[The task] Please take the records that follow and repeat exactly the lines starting with the line with "private_channel-Removed a id" and going on through the line with "(remove_item c id r s)".

== Available data

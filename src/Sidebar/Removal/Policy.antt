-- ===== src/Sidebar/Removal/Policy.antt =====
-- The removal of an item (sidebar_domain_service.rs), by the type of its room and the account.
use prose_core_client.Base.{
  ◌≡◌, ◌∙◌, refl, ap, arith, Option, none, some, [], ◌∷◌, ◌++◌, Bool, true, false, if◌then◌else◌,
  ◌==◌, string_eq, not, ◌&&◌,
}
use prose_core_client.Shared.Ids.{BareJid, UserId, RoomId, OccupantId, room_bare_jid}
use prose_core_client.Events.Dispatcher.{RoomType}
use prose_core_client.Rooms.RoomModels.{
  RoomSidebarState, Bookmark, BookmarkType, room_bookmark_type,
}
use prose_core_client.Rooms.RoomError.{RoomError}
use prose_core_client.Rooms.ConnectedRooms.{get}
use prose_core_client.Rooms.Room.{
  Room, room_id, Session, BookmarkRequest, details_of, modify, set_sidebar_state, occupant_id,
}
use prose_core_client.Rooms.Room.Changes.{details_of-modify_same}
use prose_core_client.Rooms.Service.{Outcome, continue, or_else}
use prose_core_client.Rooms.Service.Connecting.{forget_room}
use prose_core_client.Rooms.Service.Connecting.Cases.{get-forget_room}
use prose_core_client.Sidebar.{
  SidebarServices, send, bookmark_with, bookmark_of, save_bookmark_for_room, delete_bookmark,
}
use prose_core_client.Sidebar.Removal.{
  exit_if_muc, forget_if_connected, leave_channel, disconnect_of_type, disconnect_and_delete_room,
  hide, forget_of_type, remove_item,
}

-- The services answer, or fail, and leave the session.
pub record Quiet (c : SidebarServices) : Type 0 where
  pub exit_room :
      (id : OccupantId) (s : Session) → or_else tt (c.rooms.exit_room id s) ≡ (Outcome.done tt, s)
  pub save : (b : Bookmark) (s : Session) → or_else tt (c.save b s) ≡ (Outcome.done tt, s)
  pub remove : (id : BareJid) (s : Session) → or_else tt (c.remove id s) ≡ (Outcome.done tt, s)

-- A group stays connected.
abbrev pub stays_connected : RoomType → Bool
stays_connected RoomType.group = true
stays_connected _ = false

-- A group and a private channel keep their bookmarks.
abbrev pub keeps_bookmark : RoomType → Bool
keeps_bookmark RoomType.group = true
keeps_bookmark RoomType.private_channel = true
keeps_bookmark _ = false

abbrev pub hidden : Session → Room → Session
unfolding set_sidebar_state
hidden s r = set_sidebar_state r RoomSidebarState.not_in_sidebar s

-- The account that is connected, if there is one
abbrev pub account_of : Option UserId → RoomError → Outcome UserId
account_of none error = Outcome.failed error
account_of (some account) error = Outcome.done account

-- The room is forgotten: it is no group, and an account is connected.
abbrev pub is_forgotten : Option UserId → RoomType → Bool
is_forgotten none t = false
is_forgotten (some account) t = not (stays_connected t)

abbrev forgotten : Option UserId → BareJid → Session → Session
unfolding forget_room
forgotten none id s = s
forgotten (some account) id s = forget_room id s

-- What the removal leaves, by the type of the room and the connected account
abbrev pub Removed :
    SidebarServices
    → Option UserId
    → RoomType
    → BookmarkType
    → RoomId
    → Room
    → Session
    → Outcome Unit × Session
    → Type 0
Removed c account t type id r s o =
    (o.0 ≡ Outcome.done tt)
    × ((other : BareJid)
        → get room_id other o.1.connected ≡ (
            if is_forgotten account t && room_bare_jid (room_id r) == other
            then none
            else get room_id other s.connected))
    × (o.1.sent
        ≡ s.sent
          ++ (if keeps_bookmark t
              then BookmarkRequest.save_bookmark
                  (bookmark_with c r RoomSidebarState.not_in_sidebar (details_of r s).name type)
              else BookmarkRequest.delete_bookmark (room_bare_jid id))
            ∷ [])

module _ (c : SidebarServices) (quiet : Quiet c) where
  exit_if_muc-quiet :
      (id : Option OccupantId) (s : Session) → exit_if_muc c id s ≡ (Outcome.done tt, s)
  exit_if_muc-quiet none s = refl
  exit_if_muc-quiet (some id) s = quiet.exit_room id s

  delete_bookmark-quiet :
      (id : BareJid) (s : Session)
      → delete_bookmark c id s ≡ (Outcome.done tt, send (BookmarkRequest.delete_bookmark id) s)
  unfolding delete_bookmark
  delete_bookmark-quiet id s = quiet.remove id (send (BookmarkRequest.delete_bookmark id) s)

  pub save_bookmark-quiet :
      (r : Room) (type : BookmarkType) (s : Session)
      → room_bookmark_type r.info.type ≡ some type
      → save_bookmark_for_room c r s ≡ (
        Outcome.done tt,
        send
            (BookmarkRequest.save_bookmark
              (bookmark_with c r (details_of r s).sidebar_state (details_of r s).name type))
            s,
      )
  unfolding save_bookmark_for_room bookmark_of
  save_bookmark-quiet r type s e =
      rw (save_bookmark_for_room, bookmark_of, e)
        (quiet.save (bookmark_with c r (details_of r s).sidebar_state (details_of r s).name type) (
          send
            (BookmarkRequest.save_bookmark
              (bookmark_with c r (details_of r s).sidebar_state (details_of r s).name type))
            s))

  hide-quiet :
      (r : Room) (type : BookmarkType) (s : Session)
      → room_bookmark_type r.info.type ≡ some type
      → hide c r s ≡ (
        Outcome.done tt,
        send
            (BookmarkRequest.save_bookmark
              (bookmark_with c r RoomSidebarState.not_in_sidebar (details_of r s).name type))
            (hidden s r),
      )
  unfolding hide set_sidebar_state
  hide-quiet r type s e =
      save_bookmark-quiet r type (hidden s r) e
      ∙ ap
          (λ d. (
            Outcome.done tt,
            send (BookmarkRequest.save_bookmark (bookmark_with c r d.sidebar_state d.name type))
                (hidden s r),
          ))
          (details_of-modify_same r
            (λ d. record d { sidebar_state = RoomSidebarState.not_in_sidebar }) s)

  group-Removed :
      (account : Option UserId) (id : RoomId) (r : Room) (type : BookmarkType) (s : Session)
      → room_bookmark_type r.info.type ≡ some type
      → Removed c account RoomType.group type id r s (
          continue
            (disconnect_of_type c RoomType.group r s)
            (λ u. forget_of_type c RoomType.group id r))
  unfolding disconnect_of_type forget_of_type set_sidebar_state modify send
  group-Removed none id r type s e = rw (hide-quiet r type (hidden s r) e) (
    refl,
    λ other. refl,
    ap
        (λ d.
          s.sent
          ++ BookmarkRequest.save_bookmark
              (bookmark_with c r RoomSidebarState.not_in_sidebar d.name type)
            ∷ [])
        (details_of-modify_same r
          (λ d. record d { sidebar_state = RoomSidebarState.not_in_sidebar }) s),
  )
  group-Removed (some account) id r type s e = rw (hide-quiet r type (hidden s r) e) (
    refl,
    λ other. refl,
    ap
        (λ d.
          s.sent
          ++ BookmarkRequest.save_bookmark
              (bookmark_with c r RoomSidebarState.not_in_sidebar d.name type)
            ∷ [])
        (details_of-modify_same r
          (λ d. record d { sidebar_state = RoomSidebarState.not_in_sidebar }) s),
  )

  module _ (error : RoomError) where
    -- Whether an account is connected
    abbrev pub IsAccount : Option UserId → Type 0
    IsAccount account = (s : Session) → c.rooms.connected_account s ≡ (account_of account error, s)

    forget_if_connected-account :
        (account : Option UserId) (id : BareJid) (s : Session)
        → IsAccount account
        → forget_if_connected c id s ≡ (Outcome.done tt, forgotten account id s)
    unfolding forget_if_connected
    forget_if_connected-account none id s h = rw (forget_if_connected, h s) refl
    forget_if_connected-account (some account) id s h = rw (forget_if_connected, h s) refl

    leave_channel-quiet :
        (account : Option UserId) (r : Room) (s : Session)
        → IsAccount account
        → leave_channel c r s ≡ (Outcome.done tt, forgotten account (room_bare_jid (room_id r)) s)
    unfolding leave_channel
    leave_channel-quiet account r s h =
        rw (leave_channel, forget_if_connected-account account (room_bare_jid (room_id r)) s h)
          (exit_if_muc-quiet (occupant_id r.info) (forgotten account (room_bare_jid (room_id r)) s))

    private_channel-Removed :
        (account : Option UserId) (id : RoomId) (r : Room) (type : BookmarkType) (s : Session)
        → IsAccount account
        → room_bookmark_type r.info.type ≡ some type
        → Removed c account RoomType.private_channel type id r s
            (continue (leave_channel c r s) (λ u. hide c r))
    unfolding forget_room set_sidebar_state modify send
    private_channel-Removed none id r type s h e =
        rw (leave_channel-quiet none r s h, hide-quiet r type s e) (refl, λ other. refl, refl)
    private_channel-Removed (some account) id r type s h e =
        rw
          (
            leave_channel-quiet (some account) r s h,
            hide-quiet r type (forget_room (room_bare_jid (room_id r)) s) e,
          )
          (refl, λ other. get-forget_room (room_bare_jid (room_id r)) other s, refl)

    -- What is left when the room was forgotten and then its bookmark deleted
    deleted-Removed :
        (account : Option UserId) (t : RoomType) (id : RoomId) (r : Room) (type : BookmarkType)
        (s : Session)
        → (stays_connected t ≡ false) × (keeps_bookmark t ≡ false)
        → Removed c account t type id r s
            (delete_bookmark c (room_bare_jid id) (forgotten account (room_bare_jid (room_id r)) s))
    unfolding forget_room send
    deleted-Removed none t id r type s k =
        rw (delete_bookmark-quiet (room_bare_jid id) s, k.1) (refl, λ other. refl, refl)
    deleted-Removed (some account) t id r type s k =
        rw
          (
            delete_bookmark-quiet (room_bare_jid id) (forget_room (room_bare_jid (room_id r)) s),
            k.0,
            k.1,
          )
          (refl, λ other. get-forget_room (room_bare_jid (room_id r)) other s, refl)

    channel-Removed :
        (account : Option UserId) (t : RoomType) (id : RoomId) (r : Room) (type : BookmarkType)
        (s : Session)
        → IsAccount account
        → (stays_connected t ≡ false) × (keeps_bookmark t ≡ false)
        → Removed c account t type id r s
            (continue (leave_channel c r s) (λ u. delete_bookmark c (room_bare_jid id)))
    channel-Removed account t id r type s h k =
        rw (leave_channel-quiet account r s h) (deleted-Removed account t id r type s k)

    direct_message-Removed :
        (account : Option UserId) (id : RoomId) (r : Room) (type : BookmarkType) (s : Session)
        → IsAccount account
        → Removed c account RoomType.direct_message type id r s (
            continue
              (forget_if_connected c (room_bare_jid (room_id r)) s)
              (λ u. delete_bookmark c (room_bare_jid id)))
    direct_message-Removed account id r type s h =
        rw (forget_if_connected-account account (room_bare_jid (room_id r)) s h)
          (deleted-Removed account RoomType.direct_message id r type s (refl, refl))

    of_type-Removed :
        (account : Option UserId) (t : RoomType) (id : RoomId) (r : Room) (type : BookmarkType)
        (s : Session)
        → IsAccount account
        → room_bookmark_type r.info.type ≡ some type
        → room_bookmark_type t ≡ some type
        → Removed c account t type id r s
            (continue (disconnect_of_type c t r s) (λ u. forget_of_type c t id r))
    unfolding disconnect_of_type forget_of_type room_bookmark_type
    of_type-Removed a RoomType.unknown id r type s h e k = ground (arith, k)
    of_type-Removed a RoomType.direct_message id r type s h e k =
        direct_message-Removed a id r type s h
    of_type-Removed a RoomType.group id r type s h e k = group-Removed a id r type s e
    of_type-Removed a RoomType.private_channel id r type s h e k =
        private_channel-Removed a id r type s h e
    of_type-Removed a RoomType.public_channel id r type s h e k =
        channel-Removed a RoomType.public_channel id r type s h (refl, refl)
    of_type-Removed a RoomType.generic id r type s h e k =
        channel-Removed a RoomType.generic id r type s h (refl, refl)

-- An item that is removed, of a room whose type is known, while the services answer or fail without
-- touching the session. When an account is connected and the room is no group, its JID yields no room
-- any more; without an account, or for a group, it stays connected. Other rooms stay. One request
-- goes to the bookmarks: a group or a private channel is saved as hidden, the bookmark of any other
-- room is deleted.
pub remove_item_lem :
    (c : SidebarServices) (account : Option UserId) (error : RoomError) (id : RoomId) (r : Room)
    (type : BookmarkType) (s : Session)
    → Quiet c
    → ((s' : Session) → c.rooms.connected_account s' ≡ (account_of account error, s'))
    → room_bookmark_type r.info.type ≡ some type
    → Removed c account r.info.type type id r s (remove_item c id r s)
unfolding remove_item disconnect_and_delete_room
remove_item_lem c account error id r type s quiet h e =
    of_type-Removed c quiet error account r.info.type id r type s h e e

====
== Available data

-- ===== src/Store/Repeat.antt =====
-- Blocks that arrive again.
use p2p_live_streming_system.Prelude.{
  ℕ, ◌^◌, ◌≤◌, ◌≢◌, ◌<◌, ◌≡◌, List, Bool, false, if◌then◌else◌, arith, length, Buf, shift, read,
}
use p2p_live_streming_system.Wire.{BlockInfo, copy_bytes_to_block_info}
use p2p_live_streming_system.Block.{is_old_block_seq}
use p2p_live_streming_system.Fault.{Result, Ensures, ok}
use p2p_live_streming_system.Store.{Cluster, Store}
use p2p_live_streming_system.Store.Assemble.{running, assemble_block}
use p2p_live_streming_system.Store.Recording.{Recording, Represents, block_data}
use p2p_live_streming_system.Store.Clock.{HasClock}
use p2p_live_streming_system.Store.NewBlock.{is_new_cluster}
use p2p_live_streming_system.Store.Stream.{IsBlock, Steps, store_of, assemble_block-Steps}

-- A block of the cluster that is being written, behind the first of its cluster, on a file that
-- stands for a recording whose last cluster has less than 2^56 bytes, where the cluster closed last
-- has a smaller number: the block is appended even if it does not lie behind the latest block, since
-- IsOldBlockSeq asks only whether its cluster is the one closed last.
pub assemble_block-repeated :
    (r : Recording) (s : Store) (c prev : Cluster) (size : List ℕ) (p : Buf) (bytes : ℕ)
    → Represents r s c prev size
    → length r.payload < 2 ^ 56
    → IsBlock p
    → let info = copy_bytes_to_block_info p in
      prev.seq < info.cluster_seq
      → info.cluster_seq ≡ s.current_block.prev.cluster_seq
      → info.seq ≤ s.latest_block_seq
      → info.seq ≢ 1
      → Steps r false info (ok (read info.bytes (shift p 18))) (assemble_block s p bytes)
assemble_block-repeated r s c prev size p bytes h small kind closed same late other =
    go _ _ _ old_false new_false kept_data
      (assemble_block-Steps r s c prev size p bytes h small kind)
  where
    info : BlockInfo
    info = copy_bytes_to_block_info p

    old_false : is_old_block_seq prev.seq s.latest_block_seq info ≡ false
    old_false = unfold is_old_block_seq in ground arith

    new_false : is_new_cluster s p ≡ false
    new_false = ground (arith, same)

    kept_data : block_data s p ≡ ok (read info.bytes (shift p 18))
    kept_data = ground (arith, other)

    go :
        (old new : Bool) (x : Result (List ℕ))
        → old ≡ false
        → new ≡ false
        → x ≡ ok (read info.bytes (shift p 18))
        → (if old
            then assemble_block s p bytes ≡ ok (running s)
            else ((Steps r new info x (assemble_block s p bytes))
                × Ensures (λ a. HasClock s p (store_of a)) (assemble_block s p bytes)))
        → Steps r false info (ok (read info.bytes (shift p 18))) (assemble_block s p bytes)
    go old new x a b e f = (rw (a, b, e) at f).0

====

[Answer space]
        private_channel-Removed a id r type s h e
    of_type-Removed a RoomType.public_channel id r type s h e k =
        channel-Removed a RoomType.public_channel id r type s h (refl, refl)
    of_type-Removed a RoomType.generic id r type s h e k =
        channel-Removed a RoomType.generic id r type s h (refl, refl)

-- An item that is removed, of a room whose type is known, while the services answer or fail without
-- touching the session. When an account is connected and the room is no group, its JID yields no room
-- any more; without an account, or for a group, it stays connected. Other rooms stay. One request
-- goes to the bookmarks: a group or a private channel is saved as hidden, the bookmark of any other
-- room is deleted.
pub remove_item_lem :
    (c : SidebarServices) (account : Option UserId) (error : RoomError) (id : RoomId) (r : Room)
    (type : BookmarkType) (s : Session)
    → Quiet c
    → ((s' : Session) → c.rooms.connected_account s' ≡ (account_of account error, s'))
    → room_bookmark_type r.info.type ≡ some type
    → Removed c account r.info.type type id r s (remove_item c id r s)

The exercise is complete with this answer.